Set out exactly, and with nothing added, the line containing "(complete-Reads _ read_config _ ps" and every line after it through the final line of the data.
(RECORDED INFORMATION begins)
-- ===== src/Sdk/GenesisConfig/RoundTrip.antt =====
-- The two directions of the genesis-config codec.
use mathlib.Core.Option
use ducktape_sdk.Prelude.{
  ℕ, ◌*◌, ◌^◌, ◌≤◌, ◌<◌, ◌≡◌, refl, sym, ap, ap₂, subst, ◌∙◌, Bool, true, false, not, Option, none,
  some, List, [], ◌∷◌, ◌++◌, append-nil, append_assoc, arith, length, if◌then◌else◌, length-append,
  concat_map, All, All-append, not-false,
}
use ducktape_sdk.Bytes.{IsByte, IsBytes, to_le_bytes-IsBytes}
use ducktape_sdk.Parser.{push_all, Chain, View}
use ducktape_sdk.Parser.Reads.{Reads, Reads-bind, Reads-map, Reads-guard, Reads-for_each}
use ducktape_sdk.Parser.Parses.{
  Parses, Parses-bind, Parses-map, Parses-guard, Parses-for_each, Appends,
}
use ducktape_sdk.Sdk.Codec.{
  keys_not_increasing, Cursor, usize_max, u64_le, push_str, push_bytes, cursor_view,
}
use ducktape_sdk.Sdk.Codec.Rules.{IsField, IsText, u64_codes, length-push_bytes, push_bytes-IsBytes}
use ducktape_sdk.Sdk.Codec.Fields.{bytes_codes, string_codes}
use ducktape_sdk.Sdk.Codec.Bound.{Reads-bound, Parses-bound}
use ducktape_sdk.Sdk.Codec.Complete.{complete-Reads, complete-Parses}
use ducktape_sdk.Parser.{ok}
use ducktape_sdk.Sdk.GenesisConfig.{
  Param, increases, encode_params, encode_config, decode_param, read_config, decode_config,
}

-- A `String` key and a `Vec<u8>` value, which Rust's allocations bound.
abbrev pub IsParam : Param → Type 0
IsParam (key, value) = IsText usize_max key × IsField usize_max value

abbrev v : View Cursor
v = cursor_view usize_max

abbrev Loop : Type 0
Loop = Option (List ℕ) × List Param

abbrev enc_param : Param → List ℕ
enc_param (key, value) = push_str key ++ push_bytes value

abbrev snoc : Loop → Param → Loop
snoc (prev, params) (key, value) = (some key, params ++ ((key, value) ∷ []))

abbrev Fits : Loop → Param → Type 0
Fits (prev, params) (key, value) = (increases prev key ≡ true) × IsParam (key, value)

Reads-param : (c : Loop) (x : Param) → Fits c x → Reads v (decode_param c) (enc_param x) (snoc c x)
unfolding decode_param
Reads-param (prev, params) (key, value) (inc, (k, f)) =
    Reads-bind v _ _ ((string_codes usize_max _).reads key k) (
      Reads-guard v (not (increases prev key)) keys_not_increasing (ap not inc)
        (Reads-map v _ _ ((bytes_codes usize_max _).reads value f) refl))

parses_param : (c : Loop) → Parses v (decode_param c) (Appends v enc_param snoc Fits decode_param c)
unfolding decode_param
parses_param (prev, params) = Parses-bind v _ _ (string_codes usize_max _).parses λ key xs (e, k).
    Parses-guard v (not (increases prev key)) keys_not_increasing λ inc.
      Parses-map v _ (λ value. (some key, params ++ ((key, value) ∷ []))) _
        (bytes_codes usize_max _).parses
        λ value ys (e1, f). ((key, value), refl, (not-false _ inc, (k, f)), ap₂ ◌++◌ e e1)

-- The encoder's loop, against the conditions of the decoder's.
encode_params-Chain :
    (prev : Option (List ℕ)) (acc ps : List Param)
    → Chain snoc Fits (prev, acc) ps
    → encode_params prev ps ≡ some (concat_map enc_param ps)
unfolding encode_params
encode_params-Chain prev acc [] h = refl
encode_params-Chain prev acc ((k, val) ∷ ps) ((inc, p), h) = rw (
  inc,
  encode_params-Chain (some k) (acc ++ ((k, val) ∷ [])) ps h,
  append_assoc (push_str k) (push_bytes val) (concat_map enc_param ps),
)

Chain-IsParam :
    (prev : Option (List ℕ)) (acc ps : List Param) → Chain snoc Fits (prev, acc) ps → All IsParam ps
Chain-IsParam prev acc [] h = tt
Chain-IsParam prev acc ((k, val) ∷ ps) ((inc, p), h) =
    (p, Chain-IsParam (some k) (acc ++ ((k, val) ∷ [])) ps h)

if_map-some :
    (b : Bool) (o : Option (List ℕ)) (f : List ℕ → List ℕ) (out : List ℕ)
    → (if b then Option.map f o else none) ≡ some out
    → (b ≡ true) × (rest : List ℕ) × (o ≡ some rest) × (f rest ≡ out)
if_map-some true none f out h = absurd (cc)
if_map-some true (some rest) f out h = (refl, rest, refl, cc)
if_map-some false o f out h = absurd (cc)

Chain-encode_params :
    (prev : Option (List ℕ)) (acc ps : List Param) (out : List ℕ)
    → All IsParam ps
    → encode_params prev ps ≡ some out
    → Chain snoc Fits (prev, acc) ps
unfolding encode_params
Chain-encode_params prev acc [] out a h = tt
Chain-encode_params prev acc ((k, val) ∷ ps) out (p, a) h =
    let (inc, rest, e, _) = if_map-some (increases prev k) (encode_params (some k) ps) _ out h in
    ((inc, p), Chain-encode_params (some k) (acc ++ ((k, val) ∷ [])) ps rest a e)

push_all-params :
    (prev : Option (List ℕ)) (acc ps : List Param) → (push_all snoc (prev, acc) ps).1 ≡ acc ++ ps
push_all-params prev acc [] = sym (append-nil acc)
push_all-params prev acc ((k, val) ∷ ps) =
    push_all-params (some k) (acc ++ ((k, val) ∷ [])) ps ∙ append_assoc acc ((k, val) ∷ []) ps

length-enc_params : (ps : List Param) → 16 * length ps ≤ length (concat_map enc_param ps)
unfolding push_str
length-enc_params [] = omega arith
length-enc_params ((k, val) ∷ ps) = omega (
  arith,
  length-append (push_bytes k ++ push_bytes val) (concat_map enc_param ps),
  length-append (push_bytes k) (push_bytes val),
  length-push_bytes k,
  length-push_bytes val,
  length-enc_params ps,
)

enc_params-IsBytes : (ps : List Param) → All IsParam ps → IsBytes (concat_map enc_param ps)
unfolding push_str
enc_params-IsBytes [] h = tt
enc_params-IsBytes ((k, val) ∷ ps) ((((_, _, bk), _), (_, _, bv)), h) =
    All-append IsByte (push_bytes k ++ push_bytes val) (concat_map enc_param ps)
      (All-append IsByte (push_bytes k) (push_bytes val) (push_bytes-IsBytes k bk)
        (push_bytes-IsBytes val bv))
      (enc_params-IsBytes ps h)

Reads-config :
    (ps : List Param)
    → length ps < 2 ^ 64
    → Chain snoc Fits (none, []) ps
    → Reads v read_config (u64_le (length ps) ++ concat_map enc_param ps) ps
unfolding read_config
Reads-config ps lt h = Reads-bind v _ _ ((u64_codes usize_max _).reads (length ps) lt) (
    Reads-bound usize_max (length ps) _ (length-enc_params ps) (
      Reads-map v _ (λ (c : Loop). c.1)
        (Reads-for_each v enc_param snoc Fits decode_param Reads-param ps (none, []) h)
        (push_all-params none [] ps)))

parses_config : Parses v read_config (λ xs ps.
    (xs ≡ u64_le (length ps) ++ concat_map enc_param ps)
    × (length ps < 2 ^ 64)
    × Chain snoc Fits (none, []) ps)
unfolding read_config
parses_config = Parses-bind v _ _ (u64_codes usize_max _).parses λ n xs (e, lt).
    Parses-bound usize_max n _ (
      Parses-map v _ (λ (c : Loop). c.1) _
        (Parses-for_each v enc_param snoc Fits decode_param parses_param n (none, []))
        λ c ys (ps, n_eq, c_eq, chain, y_eq).
          let ps_eq : c.1 ≡ ps = ap (λ (d : Loop). d.1) c_eq ∙ push_all-params none [] ps in
          subst
            (λ z.
              (xs ++ ys ≡ u64_le (length z) ++ concat_map enc_param z)
              × (length z < 2 ^ 64)
              × Chain snoc Fits (none, []) z)
            (sym ps_eq)
            (
              ap₂ ◌++◌ (e ∙ ap u64_le (sym n_eq)) y_eq,
              subst (λ m. m < 2 ^ 64) (sym n_eq) lt,
              chain,
            ))

-- What `encode_config` writes for parameters within Rust's allocation bounds, `decode_config`
-- returns unchanged.
pub decode_config-encode_config :
    (ps : List Param) (out : List ℕ)
    → All IsParam ps
    → length ps < 2 ^ 64
    → encode_config ps ≡ some out
    → decode_config out ≡ ok ps
unfolding decode_config encode_config u64_le
decode_config-encode_config ps out a lt h =
    let (_, body, e, out_eq) =
      if_map-some true (encode_params none ps) (λ b. u64_le (length ps) ++ b) out h in
    let chain = Chain-encode_params none [] ps body a e in
    let body_eq : concat_map enc_param ps ≡ body = cc (e, encode_params-Chain none [] ps chain) in
    subst (λ z. decode_config z ≡ ok ps) (ap (λ b. u64_le (length ps) ++ b) body_eq ∙ out_eq)
      (complete-Reads _ read_config _ ps
        (All-append IsByte (u64_le (length ps)) _ (to_le_bytes-IsBytes 8 (length ps))
          (enc_params-IsBytes ps a))
        (Reads-config ps lt chain))

-- Bytes that `decode_config` accepts are the one encoding of the parameters that it returns, whose
-- keys are texts in increasing order.
pub encode_config-decode_config :
    (bs : List ℕ) (ps : List Param)
    → IsBytes bs
    → decode_config bs ≡ ok ps
    → (encode_config ps ≡ some bs) × All IsParam ps
unfolding decode_config encode_config
encode_config-decode_config bs ps b h =
    let (e, _, chain) = complete-Parses _ read_config _ bs ps b parses_config h in
    (rw (encode_params-Chain none [] ps chain, e), Chain-IsParam none [] ps chain)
(RECORDED INFORMATION ends)
** REPLY TO THE EXERCISE **
      (complete-Reads _ read_config _ ps
        (All-append IsByte (u64_le (length ps)) _ (to_le_bytes-IsBytes 8 (length ps))
          (enc_params-IsBytes ps a))
        (Reads-config ps lt chain))

-- Bytes that `decode_config` accepts are the one encoding of the parameters that it returns, whose
-- keys are texts in increasing order.
pub encode_config-decode_config :
    (bs : List ℕ) (ps : List Param)
    → IsBytes bs
    → decode_config bs ≡ ok ps
    → (encode_config ps ≡ some bs) × All IsParam ps
unfolding decode_config encode_config
encode_config-decode_config bs ps b h =
    let (e, _, chain) = complete-Parses _ read_config _ bs ps b parses_config h in
    (rw (encode_params-Chain none [] ps chain, e), Chain-IsParam none [] ps chain)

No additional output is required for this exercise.